◆ PROBLEM REQUIREMENTS: Look through the entries below for the string "omega", and copy each line where it is found.
-- SUPPLIED RECORDS follows --
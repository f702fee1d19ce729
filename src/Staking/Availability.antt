-- ===== src/Staking/Availability.antt =====
-- In a solvent world the pool's accounting never stands in the way of a withdrawal.
use rise_protocol.Prelude.{
  ℕ, ◌+◌, ◌-◌, ◌*◌, ◌≤◌, ◌<◌, ◌≡◌, refl, zero, suc, false, none, some, ok, arith, List, [], ◌∷◌,
  u64, u128,
}
use rise_protocol.Solana.{Pubkey, Runtime}
use rise_protocol.Staking.State.{GlobalPool, WithdrawalTicket, rise_sol_to_sol}
use rise_protocol.Staking.Withdrawal.{
  UnstakeRiseSol, unstake_rise_sol, queue_withdrawal, shrink_supply, claim_unstake,
}
use rise_protocol.Staking.Deposit.{resync}
use rise_protocol.Staking.World.{World, Addresses, find_ticket, remove_ticket}
use rise_protocol.Staking.Process.{process_claim}
use rise_protocol.Staking.Sound.{IsSound, rise_sol_to_sol-le}
use rise_protocol.Staking.Invariant.{IsSolvent, owed-remove_ticket}

find_ticket-owner :
    (owner : Pubkey) (nonce : ℕ) (ts : List WithdrawalTicket) (t : WithdrawalTicket)
    → find_ticket owner nonce ts ≡ some t
    → t.owner ≡ owner
unfolding find_ticket
find_ticket-owner owner nonce [] t h = cc
find_ticket-owner owner nonce (x ∷ ts) t h = ground (arith, find_ticket-owner owner nonce ts t)

module _ {B : Type 0} (rt : Runtime B) (addr : Addresses) (w : World B) (inv : IsSolvent rt addr w)
    (owner : Pubkey) (nonce : ℕ) (t : WithdrawalTicket)
    (found : find_ticket owner nonce w.tickets ≡ some t) where
  pub ticket_covered :
      (t.sol_amount ≤ w.pool.pending_withdrawals_lamports)
      × (t.sol_amount ≤ rt.lamports w.bank addr.pool_vault)
  ticket_covered =
      omega (arith, owed-remove_ticket owner nonce w.tickets t found, inv.tickets_owed, inv.sound)

  claim_runs :
      (b' : B)
      → w.pool.paused ≡ false
      → t.claimable_epoch ≤ rt.epoch w.bank
      → rt.transfer addr.pool_vault owner t.sol_amount w.bank ≡ some b'
      → process_claim rt addr w owner nonce
        ≡ ok (record w {
          pool = record w.pool {
            pending_withdrawals_lamports = w.pool.pending_withdrawals_lamports - t.sol_amount;
          };
          tickets = remove_ticket owner nonce w.tickets;
          bank = b';
        })
  unfolding process_claim claim_unstake
  claim_runs b' running due paid =
      rw found (ground (arith, find_ticket-owner owner nonce w.tickets t found, ticket_covered))

  -- In a solvent world, the claim of an open ticket succeeds where the pool is not paused, the
  -- ticket's epoch has come and the vault's transfer of the ticket's lamports to its owner succeeds:
  -- the vault held at least that much, the ticket is gone, and its lamports are no longer set aside.
  pub claim_pays :
      (b' : B)
      → w.pool.paused ≡ false
      → t.claimable_epoch ≤ rt.epoch w.bank
      → rt.transfer addr.pool_vault owner t.sol_amount w.bank ≡ some b'
      → (t.sol_amount ≤ rt.lamports w.bank addr.pool_vault)
        × (process_claim rt addr w owner nonce
            ≡ ok (record w {
              pool = record w.pool {
                pending_withdrawals_lamports = w.pool.pending_withdrawals_lamports - t.sol_amount;
              };
              tickets = remove_ticket owner nonce w.tickets;
              bank = b';
            }))
  claim_pays b' running due paid = (ticket_covered.1, claim_runs b' running due paid)

-- What is redeemed from a sound pool is covered by the staked SOL.
redeem_covered :
    (p : GlobalPool) (vault n s : ℕ)
    → IsSound p vault
    → n ≤ p.staking_rise_sol_supply
    → rise_sol_to_sol p n ≡ some s
    → s ≤ p.total_sol_staked
redeem_covered p vault n s sound le price =
    let worth = rise_sol_to_sol-le p n s price in
    let share : n * p.exchange_rate ≤ p.staking_rise_sol_supply * p.exchange_rate = grind arith in
    omega (arith, worth, share, sound.backed)

redeem_positive : (p : GlobalPool) (n s : ℕ) → rise_sol_to_sol p n ≡ some s → 0 < s → 0 < n
redeem_positive p zero s price worth = omega (arith, rise_sol_to_sol-le p 0 s price)
redeem_positive p (suc n) s price worth = omega arith

-- In a sound pool that is not paused, whoever holds riseSOL of the staking supply can queue its
-- withdrawal: the staked SOL and the liquid buffer always suffice. Conditions: the account
-- constraints hold, the amount is worth at least a lamport, the burn succeeds, the reward accounts
-- are omitted, and the three counters do not overflow.
pub unstake_rise_sol-succeeds :
    {B : Type 0} (rt : Runtime B) (a : UnstakeRiseSol) (vault n s : ℕ) (b b' : B)
    → IsSound a.pool vault
    → a.pool.paused ≡ false
    → a.stake_rewards_config ≡ none
    → a.user_stake_rewards ≡ none
    → a.rise_sol_mint ≡ a.pool.rise_sol_mint
    → (rt.token b a.user_rise_sol_account).mint ≡ a.pool.rise_sol_mint
    → (rt.token b a.user_rise_sol_account).owner ≡ a.user
    → n ≤ a.pool.staking_rise_sol_supply
    → rise_sol_to_sol a.pool n ≡ some s
    → 0 < s
    → rt.burn a.rise_sol_mint a.user_rise_sol_account a.user n b ≡ some b'
    → a.pool.pending_withdrawals_lamports + s < u128
    → a.pool.unstake_nonce + 1 < u64
    → rt.epoch b + 2 < u64
    → (a' : UnstakeRiseSol) × (ticket : WithdrawalTicket) × (unstake_rise_sol rt a n b
        ≡ ok (a', ticket, b'))
      × (ticket.sol_amount ≡ s)
      × (ticket.owner ≡ a.user)
      × (ticket.claimable_epoch ≡ rt.epoch b + 2)
unfolding unstake_rise_sol resync shrink_supply queue_withdrawal
unstake_rise_sol-succeeds rt a vault n s b b' sound running e1 e2 c1 c2 c3 le price worth burned o1
      o2 o3 =
    let covered = redeem_covered a.pool vault n s sound le price in
    let positive = redeem_positive a.pool n s price worth in
    (
      record a {
        pool = record a.pool {
          staking_rise_sol_supply = a.pool.staking_rise_sol_supply - n;
          total_sol_staked = a.pool.total_sol_staked - s;
          liquid_buffer_lamports = a.pool.liquid_buffer_lamports - s;
          pending_withdrawals_lamports = a.pool.pending_withdrawals_lamports + s;
          unstake_nonce = a.pool.unstake_nonce + 1;
        };
      },
      record {
        owner = a.user;
        sol_amount = s;
        claimable_epoch = rt.epoch b + 2;
        nonce = a.pool.unstake_nonce;
        bump = a.ticket_bump;
      },
      ground (arith, covered, positive, sound.buffer_covers),
      refl,
      refl,
      refl,
    )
-- SUPPLIED RECORDS concluded --
◆ SOLUTION:
      omega (arith, owed-remove_ticket owner nonce w.tickets t found, inv.tickets_owed, inv.sound)
    omega (arith, worth, share, sound.backed)
redeem_positive p zero s price worth = omega (arith, rise_sol_to_sol-le p 0 s price)
redeem_positive p (suc n) s price worth = omega arith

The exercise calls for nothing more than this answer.